Le recours collectif est une solution discutée depuis plusieurs mois par des regroupements citoyens issus de différentes régions du Québec, notamment des Laurentides, de la Montérégie, de l’Estrie, mais aussi de la Côte-Nord et du Saguenay–Lac-Saint-Jean.

«Nous avons reçu des appels téléphoniques d’à peu près tous les endroits où il y a encore de la forêt commerciale», a indiqué M. Jacob.

Par cette tentative, les associations souhaitent connaître les intentions exactes du gouvernement dans sa nouvelle stratégie d’exploitation forestière.

Mais elles dénoncent surtout le zonage du quart des meilleures terres de la forêt publique qui risque d’affaiblir la biodiversité de ces espaces.

«Nous ne sommes pas contre une exploitation forestière, mais nous voulons nous assurer qu’elle ne se fasse pas au détriment de la biodiversité et au détriment de ce que l’on va laisser aux prochaines générations», a insisté le président d’Action Boréale.

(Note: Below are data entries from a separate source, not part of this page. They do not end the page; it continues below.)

-- ===== src/Setup/Startup.antt =====
-- The command line of the server, `server_init` of src/server/server_utils.c, and `main` of
-- src/server/kvstore.c, which takes clients in.
use rdma_kv_store.Base.{
  ltb, ℕ, zero, suc, ◌*◌, Bool, true, false, Option, none, some, List, [], ◌∷◌, ◌==◌, if◌then◌else◌,
  ℤ, pos, is_neg,
}
use rdma_kv_store.Machine.{null_pointer, int_overflow, Run, done, fault}
use rdma_kv_store.Common.{ConnectionType, tcp}
use rdma_kv_store.Common.Options.{Parsed, type_of_arg}
use rdma_kv_store.Hash.State.{Store}
use rdma_kv_store.Hash.Table.{InitAllocs, init_hashtable}
use rdma_kv_store.Server.{request_backlog, ht_capacity}
use rdma_kv_store.Verbs.{
  calloc, Prog, ◌>>=◌, ◌>>◌, pure, exit_with, undefined, obtain, gets, modify, within,
}
use rdma_kv_store.Setup.{sizeof_request, sizeof_response, Setup}
use rdma_kv_store.Setup.Listen.{start_server}
use rdma_kv_store.Setup.Accept.{accept_new_connection}

-- PORT of src/common.h
abbrev pub default_port : ℕ
default_port = 35304

-- What the options set.
pub record Options : Type 0 where
  pub type : ConnectionType
  pub port : ℕ
  pub blocking : Bool
  pub verbose : Bool
  pub debug : Bool

abbrev pub default_options : Options
default_options = record {
  type = tcp;
  port = default_port;
  blocking = false;
  verbose = false;
  debug = false;
}

-- How an option ends: the next one, or the process.
pub data Opted (A : Type 0) : Type 0 where
  goes_on : A → Opted A
  ends : ℕ → Opted A
  crashes : Opted A

-- `connInfo->type`, and what follows where the argument names no type: `case 'b'`.
abbrev pub choose_type : Options → Option ConnectionType → Options
choose_type o none = record o { blocking = true }
choose_type o (some t) = record o { type = t }

-- `atoi`, and `strncmp`, of an argument.
abbrev pub with_port : (List ℕ → ℕ) → Options → Option (List ℕ) → Opted Options
with_port atoi o none = crashes
with_port atoi o (some arg) = goes_on (record o { port = atoi arg })

abbrev pub with_type : Options → Option (List ℕ) → Opted Options
with_type o none = crashes
with_type o (some arg) = goes_on (choose_type o (type_of_arg arg))

-- One turn of the option loop: 'v', 'd', 'p', 'r', 'b', and everything else.
unfoldable pub server_option : (List ℕ → ℕ) → Options → Parsed → Opted Options
server_option atoi o p =
    if p.opt == 118
    then goes_on (record o { verbose = true })
    else if p.opt == 100
    then goes_on (record o { debug = true })
    else if p.opt == 112
    then with_port atoi o p.arg
    else if p.opt == 114
    then with_type o p.arg
    else if p.opt == 98
    then goes_on (record o { blocking = true })
    else ends 0

unfoldable pub server_options : (List ℕ → ℕ) → Options → List Parsed → Opted Options
server_options atoi o [] = goes_on o
server_options atoi o (p ∷ ps) = elim (server_option atoi o p) [
  | goes_on o' ↦ server_options atoi o' ps
  | ends n ↦ ends n
  | crashes ↦ crashes
]

-- The state of `main`: the worker threads are the numbers of their clients, the newest first.
pub record Main : Type 0 where
  pub options : Options
  pub setup : Setup
  pub store : Store
  pub client_nr : ℕ
  pub threads : List ℕ

module _ {R : Type 0} where
  abbrev pub on_setup : {A : Type 0} → Prog Setup R A → Prog Main R A
  on_setup = within (λ s. s.setup) (λ c s. record s { setup = c })

  unfoldable pub server_init : (List ℕ → ℕ) → List Parsed → Prog Main R (Unit {0})
  unfolding server_options
  server_init atoi args = elim (server_options atoi default_options args) [
    | goes_on o ↦ (do modify λ s. record s { options = o }; on_setup (start_server o.type))
    | ends n ↦ exit_with n
    | crashes ↦ undefined null_pointer
  ]

  -- `init_hashtable(HT_CAPACITY)`: -1, -2 and -3 end the process.
  abbrev pub made_table : Run Store ℤ → Prog Main R (Unit {0})
  made_table (done (pos n) st) = modify λ s. record s { store = st }
  made_table (done _ st) = exit_with 1
  made_table (fault f) = undefined f
  -- `init_hashtable` does not wait, exit or loop.
  made_table _ = exit_with 1

  -- `client_nr++` on an `int`
  unfoldable pub next_client_nr : Prog Main R (Unit {0})
  next_client_nr = do
    n ← gets λ s. s.client_nr
    if ltb (suc n) 2147483648
        then (modify λ s. record s { client_nr = suc s.client_nr })
        else undefined int_overflow

  -- One turn of the loop of `main`: a client that is not taken in still uses up its number.
  unfoldable pub take_client : Prog Main R (Unit {0})
  unfolding next_client_nr
  take_client = do
    request ← obtain (calloc (request_backlog * sizeof_request))
    response ← obtain (calloc sizeof_response)
    s ← gets λ s. s
    modify λ s. record s {
      setup = record s.setup { request = request; response = response; request_count = 0 };
    }
    next_client_nr
    ret ← on_setup (accept_new_connection s.options.type)
    if is_neg ret then pure tt else modify λ t. record t { threads = s.client_nr ∷ t.threads }

  -- A number of turns of the loop, which does not end by itself.
  unfoldable pub take_clients : ℕ → Prog Main R (Unit {0})
  unfolding take_client
  take_clients zero = pure tt
  take_clients (suc n) = take_client >> take_clients n

  -- `main`, for what the allocations of the table give.
  unfoldable pub server_main : (List ℕ → ℕ) → List Parsed → InitAllocs → ℕ → Prog Main R (Unit {0})
  unfolding server_init take_clients
  server_main atoi args allocs rounds = do
    server_init atoi args
    s ← gets λ s. s
    made_table (init_hashtable ht_capacity allocs s.store)
    take_clients rounds
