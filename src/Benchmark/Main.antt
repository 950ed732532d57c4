-- ===== src/Benchmark/Main.antt =====
-- The command line of the benchmark and its threads: `main` of src/benchmarking/benchmark.c.
use rdma_kv_store.Base.{
  ℕ, suc, ◌%◌, Bool, true, false, Option, none, some, List, [], ◌∷◌, ◌==◌, if◌then◌else◌,
}
use rdma_kv_store.Machine.{null_pointer, done, exited, Cmd, ◌>>=◌, ◌>>◌, pure, require}
use rdma_kv_store.Common.{ConnectionType, tcp}
use rdma_kv_store.Common.Options.{Parsed, type_of_arg}
use rdma_kv_store.Setup.Startup.{default_port}
use rdma_kv_store.Benchmark.Instance.{Outcome, at}
use rdma_kv_store.Benchmark.Report.{
  Config, Report, Rate, share_of, process_ops_sec, data_processing,
}

-- What the options set.
pub record Flags : Type 0 where
  pub config : Config
  pub port : ℕ
  pub verbose : Bool
  pub debug : Bool

-- The initial values, and those of the global variables.
abbrev pub default_flags : Flags
default_flags = record {
  config = record {
    connection_type = tcp;
    num_ops = 10000000;
    override = false;
    clients = 1;
    save = true;
    blocking = false;
  };
  port = 0;
  verbose = false;
  debug = false;
}

abbrev pub change : (Config → Config) → Cmd Flags (Unit {0})
change f s = done tt (record s { config = f s.config })

abbrev pub chosen : Option ConnectionType → Config → Config
chosen none g = g
chosen (some t) g = record g { connection_type = t }

-- `strtol` of an argument, and `get_addr` of one: 0, or the status that `main` ends with, and the port
-- of the address that it stores.
pub record Library : Type 0 where
  pub strtol : List ℕ → ℕ
  pub get_addr : List ℕ → ℕ
  pub addr_port : List ℕ → ℕ

-- One turn of the option loop: 'a', 'p', 'n', 'r', 'v', 'd', 'o', 's', 'b', and everything else.
unfoldable pub benchmark_option : Library → Parsed → Cmd Flags (Unit {0})
benchmark_option lib p =
    let number = λ (put : ℕ → Config → Config).
      (require null_pointer p.arg >>= λ arg. change (put (lib.strtol arg))) in
    if p.opt == 97
    then (do
      arg ← require null_pointer p.arg
      λ s.
          (if lib.get_addr arg == 0
            then done tt (record s { port = lib.addr_port arg })
            else exited (lib.get_addr arg) s))
    else if p.opt == 112
    then (do
      arg ← require null_pointer p.arg
      λ s. done tt (record s { port = lib.strtol arg % 65536 }))
    else if p.opt == 110
    then number (λ n g. record g { clients = n })
    else if p.opt == 114
    then (do arg ← require null_pointer p.arg; change (chosen (type_of_arg arg)))
    else if p.opt == 118
    then (λ s. done tt (record s { verbose = true }))
    else if p.opt == 100
    then (λ s. done tt (record s { debug = true }))
    else if p.opt == 111
    then number (λ n g. record g { num_ops = n })
    else if p.opt == 115
    then change (λ g. record g { save = false })
    else if p.opt == 98
    then change (λ g. record g { blocking = true })
    else (λ s. exited 1 s)

-- The options in order, and the default port where none was given.
unfoldable pub benchmark_options : Library → List Parsed → Cmd Flags (Unit {0})
unfolding benchmark_option
benchmark_options lib [] =
    λ s. done tt (if s.port == 0 then record s { port = default_port } else s)
benchmark_options lib (p ∷ ps) = do benchmark_option lib p; benchmark_options lib ps

-- `struct thread_args`
pub record ThreadArgs : Type 0 where
  pub conn_t : ConnectionType
  pub num_ops : ℕ
  pub instance_nr : ℕ
  pub blocking : Bool

-- What `main` writes for the thread `i`. All threads are given the same variable, and a thread sees what
-- is there when it reads it.
unfoldable pub thread_args : {S : Type 0} → Config → ℕ → Cmd S ThreadArgs
thread_args g i = do
  share ← share_of g
  pure (record {
    conn_t = g.connection_type;
    num_ops = share;
    instance_nr = if g.override then 1 else i;
    blocking = g.blocking;
  })

-- The threads are joined in order, and those that have operations are reported on; `opens` tells which
-- files can be opened.
unfoldable pub join_all : Config → (ℕ → Bool) → ℕ → List Outcome → Cmd (List Report) (Unit {0})
join_all g opens i [] = pure tt
join_all g opens i (none ∷ threads) = join_all g opens (suc i) threads
join_all g opens i (some ops ∷ threads) = do
  data_processing g (opens i) ops i
  join_all g opens (suc i) threads

-- From the first start to the end of the last thread: the reports, and the total rate, of all operations
-- that were asked for.
unfoldable pub report_all : Config → (ℕ → Bool) → ℕ → ℕ → List Outcome → Cmd (List Report) Rate
unfolding join_all
report_all g opens start end_ threads = do
  join_all g opens 0 threads
  process_ops_sec (at start) (at end_) g.num_ops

Henri Jacob, président de Action Boréale.
Photo courtoisie
Henri Jacob, président de Action Boréale.

Et le recours collectif n’est pas la seule procédure étudiée par les associations, qui envisagent aussi la mise en place d’une enquête publique ou encore d’états généraux pour savoir ce qui peut être encore conservé.

Le président de l’association située en Abitibi-Témiscamingue a également reproché le manque de réaction du MFFP dans ce dossier.

«Le ministère [...], c’est le silence radio depuis plusieurs années», a-t-il déploré. «Il faut que les gens aillent sur la place publique pour être capables d’avoir des réponses et des rencontres avec des responsables.»